*** Source information Section Begins ***
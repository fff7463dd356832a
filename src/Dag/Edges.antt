-- ===== src/Dag/Edges.antt =====
-- The edges of a workflow: `b` depends on `a`. The adjacency list holds exactly these.
use helion_v.Prelude.{
  String, List, [], ◌∷◌, ◌++◌, Assoc, In, here, there, lookup, insert, lookup-insert, length,
  length-append, ◌≡◌, ◌⊎◌, inl, inr, refl, sym, arith, str_eq, eq_iff, Bool-cases, if◌then◌else◌,
  subst, ap, ◌∙◌,
}
use helion_v.Workflow.{WorkflowJob}
use helion_v.Dag.Sort.{children}
use helion_v.Dag.From.{total_deps}
use helion_v.Dag.Reach.{add_children, downstream_of}

pub data Edge (jobs : List WorkflowJob) (a b : String) : Type 0 where
  edge : (j : WorkflowJob) → In j jobs → In a j.depends_on → j.name ≡ b → Edge jobs a b

-- `b` depends on `a`, or on something that depends on it.
pub data Below (jobs : List WorkflowJob) (a : String) : String → Type 0 where
  one : {b : String} → Edge jobs a b → Below jobs a b
  more : {b c : String} → Below jobs a b → Edge jobs b c → Below jobs a c

Edge-there :
    {j : WorkflowJob} {js : List WorkflowJob} {a b : String} → Edge js a b → Edge (j ∷ js) a b
Edge-there (edge j i d e) = edge j (there i) d e

module _ {ℓ} {A : Type ℓ} where
  pub In-append_left : {x : A} {xs : List A} (ys : List A) → In x xs → In x (xs ++ ys)
  In-append_left ys (here e) = here e
  In-append_left ys (there i) = there (In-append_left ys i)

  pub In-append_right : {x : A} (xs : List A) {ys : List A} → In x ys → In x (xs ++ ys)
  In-append_right [] i = i
  In-append_right (y ∷ xs) i = there (In-append_right xs i)

  pub append-In : {x : A} (xs : List A) {ys : List A} → In x (xs ++ ys) → In x xs ⊎ In x ys
  append-In [] i = inr i
  append-In (y ∷ xs) (here e) = inl (here e)
  append-In (y ∷ xs) (there i) = elim (append-In xs i) [ inl k ↦ inl (there k) | inr k ↦ inr k ]

pub children-insert :
    (k a : String) (xs : List String) (m : Assoc (List String))
    → children (insert k xs m) a ≡ (if str_eq k a then xs else children m a)
unfolding children
children-insert k a xs m = ground (arith, lookup-insert k a xs m)

-- One dependency more.
module _ (name dep a b : String) (down : Assoc (List String)) where
  abbrev added : Assoc (List String)
  added = insert dep (children down dep ++ name ∷ []) down

  added-In : In b (children added a) → In b (children down a) ⊎ ((dep ≡ a) × (name ≡ b))
  added-In i = elim (Bool-cases (str_eq dep a)) [
    | inr n ↦ inl (rw (children-insert, n) at i)
    | inl y ↦
        let e = (eq_iff dep a).0 y in
        elim (append-In (children down dep) (rw (children-insert, y) at i)) [
          | inl k ↦ inl (rw (← e) k)
          | inr k ↦ elim k [ here f ↦ inr (e, f) | there z ↦ elim z [ ] ]
        ]
  ]

  In-added : In b (children down a) → In b (children added a)
  In-added i = elim (Bool-cases (str_eq dep a)) [
    | inr n ↦ rw (children-insert, n) i
    | inl y ↦
        let e = (eq_iff dep a).0 y in rw (children-insert, y) (In-append_left (name ∷ []) (rw e i))
  ]

  new-In-added : dep ≡ a → name ≡ b → In b (children added a)
  new-In-added e f =
      rw (children-insert, (eq_iff dep a).1 e) (In-append_right (children down dep) (here f))

module _ (name a b : String) where
  add_children-In :
      (deps : List String) (down : Assoc (List String))
      → In b (children (add_children name deps down) a)
      → In b (children down a) ⊎ (In a deps × (name ≡ b))
  unfolding add_children
  add_children-In [] down i = inl i
  add_children-In (dep ∷ deps) down i = elim (add_children-In deps (added name dep a b down) i) [
    | inr (k, e) ↦ inr (there k, e)
    | inl k ↦ elim (added-In name dep a b down k) [ inl z ↦ inl z | inr (e, f) ↦ inr (here e, f) ]
  ]

  In-add_children :
      (deps : List String) (down : Assoc (List String))
      → In b (children down a)
      → In b (children (add_children name deps down) a)
  unfolding add_children
  In-add_children [] down i = i
  In-add_children (dep ∷ deps) down i =
      In-add_children deps (added name dep a b down) (In-added name dep a b down i)

  new-In-add_children :
      (deps : List String) (down : Assoc (List String))
      → In a deps
      → name ≡ b
      → In b (children (add_children name deps down) a)
  unfolding add_children
  new-In-add_children [] down k f = elim k [ ]
  new-In-add_children (dep ∷ deps) down (here e) f =
      In-add_children deps (added name dep a b down) (new-In-added name dep a b down e f)
  new-In-add_children (dep ∷ deps) down (there k) f =
      new-In-add_children deps (added name dep a b down) k f

module _ (a b : String) where
  downstream_of-In :
      (jobs : List WorkflowJob) (down : Assoc (List String))
      → In b (children (downstream_of jobs down) a)
      → In b (children down a) ⊎ Edge jobs a b
  unfolding downstream_of
  downstream_of-In [] down i = inl i
  downstream_of-In (j ∷ js) down i =
      elim (downstream_of-In js (add_children j.name j.depends_on down) i) [
        | inr e ↦ inr (Edge-there e)
        | inl k ↦ elim (add_children-In j.name a b j.depends_on down k) [
          | inl z ↦ inl z
          | inr (d, e) ↦ inr (edge j (here refl) d e)
        ]
      ]

  In-downstream_of :
      (jobs : List WorkflowJob) (down : Assoc (List String))
      → In b (children down a)
      → In b (children (downstream_of jobs down) a)
  unfolding downstream_of
  In-downstream_of [] down i = i
  In-downstream_of (j ∷ js) down i =
      In-downstream_of js (add_children j.name j.depends_on down)
        (In-add_children j.name a b j.depends_on down i)

  pub Edge-downstream_of :
      (jobs : List WorkflowJob) (down : Assoc (List String))
      → Edge jobs a b
      → In b (children (downstream_of jobs down) a)
  unfolding downstream_of
  Edge-downstream_of [] down (edge j i d e) = elim i [ ]
  Edge-downstream_of (x ∷ js) down (edge j (here s) d e) =
      In-downstream_of js (add_children x.name x.depends_on down) (
        new-In-add_children x.name a b x.depends_on down (subst (λ z. In a z.depends_on) (sym s) d)
          (ap (λ z. z.name) s ∙ e))
  Edge-downstream_of (x ∷ js) down (edge j (there i) d e) =
      Edge-downstream_of js (add_children x.name x.depends_on down) (edge j i d e)

  pub children-Edge :
      (jobs : List WorkflowJob) → In b (children (downstream_of jobs []) a) → Edge jobs a b
  unfolding children lookup
  children-Edge jobs i = elim (downstream_of-In jobs [] i) [ inl z ↦ elim z [ ] | inr e ↦ e ]

-- The heads of the edges, once for each edge.
abbrev times : String → List String → List String
times name [] = []
times name (dep ∷ deps) = name ∷ times name deps

abbrev pub targets : List WorkflowJob → List String
targets [] = []
targets (j ∷ js) = times j.name j.depends_on ++ targets js

length-times : (name : String) (deps : List String) → length (times name deps) ≡ length deps
length-times name [] = refl
length-times name (dep ∷ deps) = omega (arith, length-times name deps)

pub length-targets : (jobs : List WorkflowJob) → length (targets jobs) ≡ total_deps jobs
unfolding total_deps
length-targets [] = refl
length-targets (j ∷ js) = omega (
  arith,
  length-append (times j.name j.depends_on) (targets js),
  length-times j.name j.depends_on,
  length-targets js,
)

In-times : (name a : String) (deps : List String) → In a deps → In name (times name deps)
In-times name a [] i = elim i [ ]
In-times name a (dep ∷ deps) i = here refl

pub Edge-targets : (a b : String) (jobs : List WorkflowJob) → Edge jobs a b → In b (targets jobs)
Edge-targets a b [] (edge j i d e) = elim i [ ]
Edge-targets a b (x ∷ js) (edge j (here s) d e) = In-append_left (targets js) (
    subst (λ z. In z (times x.name x.depends_on)) (ap (λ z. z.name) s ∙ e)
      (In-times x.name a x.depends_on (subst (λ z. In a z.depends_on) (sym s) d)))
Edge-targets a b (x ∷ js) (edge j (there i) d e) =
    In-append_right (times x.name x.depends_on) (Edge-targets a b js (edge j i d e))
*** Source information Section Ends ***
With the line containing "pub Edge-targets : (a" as the start and the last line of the listing as the end, restate that stretch word for word and nothing else.

Result of the exercise ::
pub Edge-targets : (a b : String) (jobs : List WorkflowJob) → Edge jobs a b → In b (targets jobs)
Edge-targets a b [] (edge j i d e) = elim i [ ]
Edge-targets a b (x ∷ js) (edge j (here s) d e) = In-append_left (targets js) (
    subst (λ z. In z (times x.name x.depends_on)) (ap (λ z. z.name) s ∙ e)
      (In-times x.name a x.depends_on (subst (λ z. In a z.depends_on) (sym s) d)))
Edge-targets a b (x ∷ js) (edge j (there i) d e) =
    In-append_right (times x.name x.depends_on) (Edge-targets a b js (edge j i d e))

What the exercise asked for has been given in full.